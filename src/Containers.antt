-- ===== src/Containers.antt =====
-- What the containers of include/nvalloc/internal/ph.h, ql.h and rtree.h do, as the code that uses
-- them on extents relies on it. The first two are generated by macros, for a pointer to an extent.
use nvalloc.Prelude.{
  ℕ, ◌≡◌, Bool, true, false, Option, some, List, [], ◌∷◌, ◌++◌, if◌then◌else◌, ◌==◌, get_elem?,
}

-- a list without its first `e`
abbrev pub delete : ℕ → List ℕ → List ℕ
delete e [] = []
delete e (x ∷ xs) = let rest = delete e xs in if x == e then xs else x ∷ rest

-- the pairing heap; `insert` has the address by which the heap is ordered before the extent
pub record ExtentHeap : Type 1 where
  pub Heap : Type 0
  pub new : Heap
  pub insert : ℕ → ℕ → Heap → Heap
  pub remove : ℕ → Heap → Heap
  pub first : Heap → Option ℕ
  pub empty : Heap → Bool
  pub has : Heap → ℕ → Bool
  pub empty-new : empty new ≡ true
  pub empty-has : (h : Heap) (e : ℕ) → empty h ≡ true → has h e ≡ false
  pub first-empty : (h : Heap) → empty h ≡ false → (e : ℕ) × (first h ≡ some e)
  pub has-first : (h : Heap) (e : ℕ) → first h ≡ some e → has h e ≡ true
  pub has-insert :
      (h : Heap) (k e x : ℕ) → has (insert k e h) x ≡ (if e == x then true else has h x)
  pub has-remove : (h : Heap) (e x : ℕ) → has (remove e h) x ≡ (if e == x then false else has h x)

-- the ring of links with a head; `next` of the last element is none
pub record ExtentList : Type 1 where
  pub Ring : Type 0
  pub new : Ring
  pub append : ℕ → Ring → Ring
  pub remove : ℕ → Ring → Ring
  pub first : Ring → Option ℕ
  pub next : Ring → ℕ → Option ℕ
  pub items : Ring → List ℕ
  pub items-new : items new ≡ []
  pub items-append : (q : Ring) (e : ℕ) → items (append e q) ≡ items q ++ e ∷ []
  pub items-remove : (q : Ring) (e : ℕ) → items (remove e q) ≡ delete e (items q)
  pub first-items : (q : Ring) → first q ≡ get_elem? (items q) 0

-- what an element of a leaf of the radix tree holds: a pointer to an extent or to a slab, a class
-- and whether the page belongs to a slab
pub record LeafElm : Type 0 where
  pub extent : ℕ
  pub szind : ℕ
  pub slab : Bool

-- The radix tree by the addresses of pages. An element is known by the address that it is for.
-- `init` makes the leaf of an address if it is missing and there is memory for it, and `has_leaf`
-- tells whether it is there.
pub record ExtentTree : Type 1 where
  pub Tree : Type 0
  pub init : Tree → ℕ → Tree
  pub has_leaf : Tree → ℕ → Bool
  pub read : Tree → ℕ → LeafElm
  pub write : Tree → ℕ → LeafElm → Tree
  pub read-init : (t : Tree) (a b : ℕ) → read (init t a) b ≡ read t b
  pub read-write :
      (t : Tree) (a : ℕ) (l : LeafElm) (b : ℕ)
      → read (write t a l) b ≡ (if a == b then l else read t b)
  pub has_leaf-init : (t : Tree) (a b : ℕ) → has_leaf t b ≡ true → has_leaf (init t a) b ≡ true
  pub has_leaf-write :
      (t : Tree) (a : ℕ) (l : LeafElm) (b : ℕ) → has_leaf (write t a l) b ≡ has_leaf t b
· · · ·
WHAT TO PRODUCE — Restate the data above exactly, keeping each word as it stands.

SOLUTION BELOW —
filename src/Containers.antt
-- ===== src/Containers.antt =====
-- What the containers of include/nvalloc/internal/ph.h, ql.h and rtree.h do, as the code that uses
-- them on extents relies on it. The first two are generated by macros, for a pointer to an extent.
use nvalloc.Prelude.{
  ℕ, ◌≡◌, Bool, true, false, Option, some, List, [], ◌∷◌, ◌++◌, if◌then◌else◌, ◌==◌, get_elem?,
}

-- a list without its first `e`
abbrev pub delete : ℕ → List ℕ → List ℕ
delete e [] = []
delete e (x ∷ xs) = let rest = delete e xs in if x == e then xs else x ∷ rest

-- the pairing heap; `insert` has the address by which the heap is ordered before the extent
pub record ExtentHeap : Type 1 where
  pub Heap : Type 0
  pub new : Heap
  pub insert : ℕ → ℕ → Heap → Heap
  pub remove : ℕ → Heap → Heap
  pub first : Heap → Option ℕ
  pub empty : Heap → Bool
  pub has : Heap → ℕ → Bool
  pub empty-new : empty new ≡ true
  pub empty-has : (h : Heap) (e : ℕ) → empty h ≡ true → has h e ≡ false
  pub first-empty : (h : Heap) → empty h ≡ false → (e : ℕ) × (first h ≡ some e)
  pub has-first : (h : Heap) (e : ℕ) → first h ≡ some e → has h e ≡ true
  pub has-insert :
      (h : Heap) (k e x : ℕ) → has (insert k e h) x ≡ (if e == x then true else has h x)
  pub has-remove : (h : Heap) (e x : ℕ) → has (remove e h) x ≡ (if e == x then false else has h x)

-- the ring of links with a head; `next` of the last element is none
pub record ExtentList : Type 1 where
  pub Ring : Type 0
  pub new : Ring
  pub append : ℕ → Ring → Ring
  pub remove : ℕ → Ring → Ring
  pub first : Ring → Option ℕ
  pub next : Ring → ℕ → Option ℕ
  pub items : Ring → List ℕ
  pub items-new : items new ≡ []
  pub items-append : (q : Ring) (e : ℕ) → items (append e q) ≡ items q ++ e ∷ []
  pub items-remove : (q : Ring) (e : ℕ) → items (remove e q) ≡ delete e (items q)
  pub first-items : (q : Ring) → first q ≡ get_elem? (items q) 0

-- what an element of a leaf of the radix tree holds: a pointer to an extent or to a slab, a class
-- and whether the page belongs to a slab
pub record LeafElm : Type 0 where
  pub extent : ℕ
  pub szind : ℕ
  pub slab : Bool

-- The radix tree by the addresses of pages. An element is known by the address that it is for.
-- `init` makes the leaf of an address if it is missing and there is memory for it, and `has_leaf`
-- tells whether it is there.
pub record ExtentTree : Type 1 where
  pub Tree : Type 0
  pub init : Tree → ℕ → Tree
  pub has_leaf : Tree → ℕ → Bool
  pub read : Tree → ℕ → LeafElm
  pub write : Tree → ℕ → LeafElm → Tree
  pub read-init : (t : Tree) (a b : ℕ) → read (init t a) b ≡ read t b
  pub read-write :
      (t : Tree) (a : ℕ) (l : LeafElm) (b : ℕ)
      → read (write t a l) b ≡ (if a == b then l else read t b)
  pub has_leaf-init : (t : Tree) (a b : ℕ) → has_leaf t b ≡ true → has_leaf (init t a) b ≡ true
  pub has_leaf-write :
      (t : Tree) (a : ℕ) (l : LeafElm) (b : ℕ) → has_leaf (write t a l) b ≡ has_leaf t b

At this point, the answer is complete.